Sur le chemin de l’autonomie… le pardon

L’autonomie est-elle une utopie ? La première réponse que j’ai apportée à cette question,
thème de ce congrès d’Analyse Transactionnelle, c’est que l’autonomie est un chemin et que
sur ce chemin, nous rencontrons inévitablement la problématique du pardon. Ce terme de
problématique est pour moi fondamental parce que le thème du pardon inspire régulièrement
des débats nombreux, contradictoires et passionnés, débats par ailleurs très intéressants à
décoder en terme d’états du moi, et qui montrent combien le sujet est loin d’être épuisé.
Encore toute jeune thérapeute, je reçus à mon cabinet une femme qui, dans son enfance, avait
été abusée sexuellement par son père, décédé depuis. L’alliance thérapeutique resta instable,
jusqu’au jour où elle put enfin nommer la blessure de s’être entendu intimer par un
psychologue le devoir de pardonner. Cette expérience fut pour moi le prélude d’un travail de
réflexions et de recherches passionnantes tant au niveau professionnel que personnel. Sur ce
chemin, je fis, il y a un peu plus d’un an, une autre rencontre déterminante : Lytta Basset,
professeur de théologie, philosophe et pasteur. Tout d’abord à travers ses écrits1, pas toujours
faciles à aborder, puis au cours de sessions lumineuses sur la compassion et le pardon. Les
expériences accumulées depuis des années, les recherches que j’avais menées sur la
culpabilité2, la dépression, le deuil3, les émotions4, la honte et le transgénérationnel5 ont
alors pris sens et forme ensemble. La toute première émergence de cette intégration fut de
formuler ma propre définition du pardon : « pardonner, c’est délier soi et l’autre du passé pour
pouvoir choisir le lien d’aujourd’hui. »
Pour cet article des actes du Congrès 2007, j’ai choisi de montrer comment chacune des trois
facultés de l’autonomie décrites par Berne6, conscience claire, spontanéité et intimité, sont
nécessaires pour dépasser les obstacles au pardon.
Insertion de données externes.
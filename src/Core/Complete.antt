-- ===== src/Core/Complete.antt =====
-- `aggregate_session_v2` (crates/metrune-core/src/lib.rs): a session with its turns.
pub mod Counts
pub mod Detail
use metrune.Prelude.{
  ℕ, ◌*◌, Bool, true, false, Option, none, some, List, [], ◌∷◌, ltb, if◌then◌else◌, map, any,
}
use metrune.Prelude.Float.{Float}
use metrune.Prelude.Text.{Text, len}
use metrune.Prelude.Words.{u32_max, saturating_add}
use metrune.Prelude.Order.{text_ord}
use metrune.Prelude.TreeMap.{TreeMap, update, values}
use metrune.Core.Types.{
  schema_version, ClassifierUsage, UsageMessage, WorkflowSignal, all_signals, signal_eq,
  SignalCapability,
}
use metrune.Core.Category.{ClassificationMethod, method_str}
use metrune.Core.Snapshot.{
  TurnSnapshot, SessionSnapshot, ClassificationMethodCount, calculate_classified_token_coverage,
}
use metrune.Core.Identity.{Digests, IdentityContext}
use metrune.Core.Aggregate.{aggregate_session}
use metrune.Core.Dominant.{dominant_category}

-- `methods`, by the name of the method.
abbrev pub MethodCounts : Type 0
MethodCounts = TreeMap Text (ClassificationMethod × ℕ)

-- `entry(…).or_insert((method, 0))`, and one more turn.
abbrev pub count_method :
    ClassificationMethod → Option (ClassificationMethod × ℕ) → ClassificationMethod × ℕ
count_method method none = (method, saturating_add u32_max 0 1)
count_method method (some entry) = (entry.0, saturating_add u32_max entry.1 1)

abbrev pub turn_detail_limit : ℕ
turn_detail_limit = 512 * 1024

-- `is_ok_and(|encoded| encoded.len() > 512 * 1024)`
abbrev pub is_too_long : Option Text → Bool
is_too_long none = false
is_too_long (some encoded) = ltb turn_detail_limit (len encoded)

module _ {F : Type 0} where
  unfoldable pub count_methods : MethodCounts → List (TurnSnapshot F) → MethodCounts
  count_methods methods [] = methods
  count_methods methods (turn ∷ turns) =
      count_methods
        (update (method_str turn.classification_method) (count_method turn.classification_method)
          methods)
        turns

  unfoldable pub method_counts : List (TurnSnapshot F) → List ClassificationMethodCount
  method_counts turns =
      map (λ e. record { method = e.0; count = e.1 }) (values (count_methods [] turns))

  abbrev pub is_supported : List (UsageMessage F) → WorkflowSignal → Bool
  is_supported messages signal = any (λ m. any (signal_eq signal) m.signal_capabilities) messages

  unfoldable pub capabilities : List (UsageMessage F) → List SignalCapability
  capabilities messages =
      map (λ s. record { signal = s; supported = is_supported messages s }) all_signals

  -- `encode_turns` is `serde_json::to_vec`.
  unfoldable pub limit_detail :
      (List (TurnSnapshot F) → Option Text) → SessionSnapshot F → SessionSnapshot F
  limit_detail encode_turns snapshot =
      if is_too_long (encode_turns snapshot.turns)
      then record snapshot { turns = []; turn_detail_truncated = true }
      else snapshot

module _ {F : Type 0} ⦃o : Float F⦄ where
  abbrev pub with_turns :
      List (TurnSnapshot F) → ClassifierUsage F → SessionSnapshot F → SessionSnapshot F
  with_turns turns usage snapshot = record snapshot {
    schema_version = schema_version;
    turns = turns;
    classifier_usage = usage;
  }

  unfoldable pub complete_session :
      (List (TurnSnapshot F) → Option Text)
      → List (UsageMessage F)
      → List (TurnSnapshot F)
      → ClassifierUsage F
      → SessionSnapshot F
      → SessionSnapshot F
  complete_session encode_turns messages turns usage snapshot =
      let detailed = with_turns turns usage snapshot in
      limit_detail encode_turns (record detailed {
        classified_token_coverage = calculate_classified_token_coverage detailed;
        classification_method_counts = method_counts turns;
        signal_capabilities = capabilities messages;
      })

  unfoldable pub aggregate_session_v2 :
      Digests
      → (List (TurnSnapshot F) → Option Text)
      → List (UsageMessage F)
      → IdentityContext
      → ℕ
      → List (TurnSnapshot F)
      → ClassifierUsage F
      → Option (SessionSnapshot F)
  aggregate_session_v2 d encode_turns messages identity revision turns usage =
      elim (aggregate_session d messages identity revision (dominant_category turns)) [
        | none ↦ none
        | some snapshot ↦ some (complete_session encode_turns messages turns usage snapshot)
      ]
Travail de libération et de pacification qui
ne peut se parcourir sous la contrainte d’une figure parentale qu’elle soit externe ou interne.
Les trois facultés de l’autonomie que je présente l’une après l’autre ne se succèdent pas dans
la réalité comme des étapes distinctes, elles ont plutôt tendance à s’entremêler, à s’enchevêtrer
d’une manière particulière à chaque personne, lui permettant, le moment venu, de décider de
pardonner. Chaque chemin de pardon est unique.

LA CONSCIENCE
E. Berne définit la conscience comme « faculté de voir (…) et d’entendre (…) selon sa propre
manière et non celle qui nous fut enseignée.7 ». La conscience est une phase, très importante
pour le processus du pardon.
Lever les voiles de l’oubli
On ne peut pardonner ce que l’on méconnaît : « La personne qui méconnaît croit et agit
comme si quelque aspect de soi, des autres ou de la réalité, était moins significatif qu’il ne
l’est en fait.8 ».
C’est un travail souvent douloureux mais combien nécessaire, que de conscientiser et nommer
la violence, la perversité parfois et leurs conséquences pour soi, pour sa vie, pour son
entourage. La personne engagée dans un processus de pardon ne peut pas faire l’économie de
ce travail de mémoire tant au niveau physique que psychologique et spirituel.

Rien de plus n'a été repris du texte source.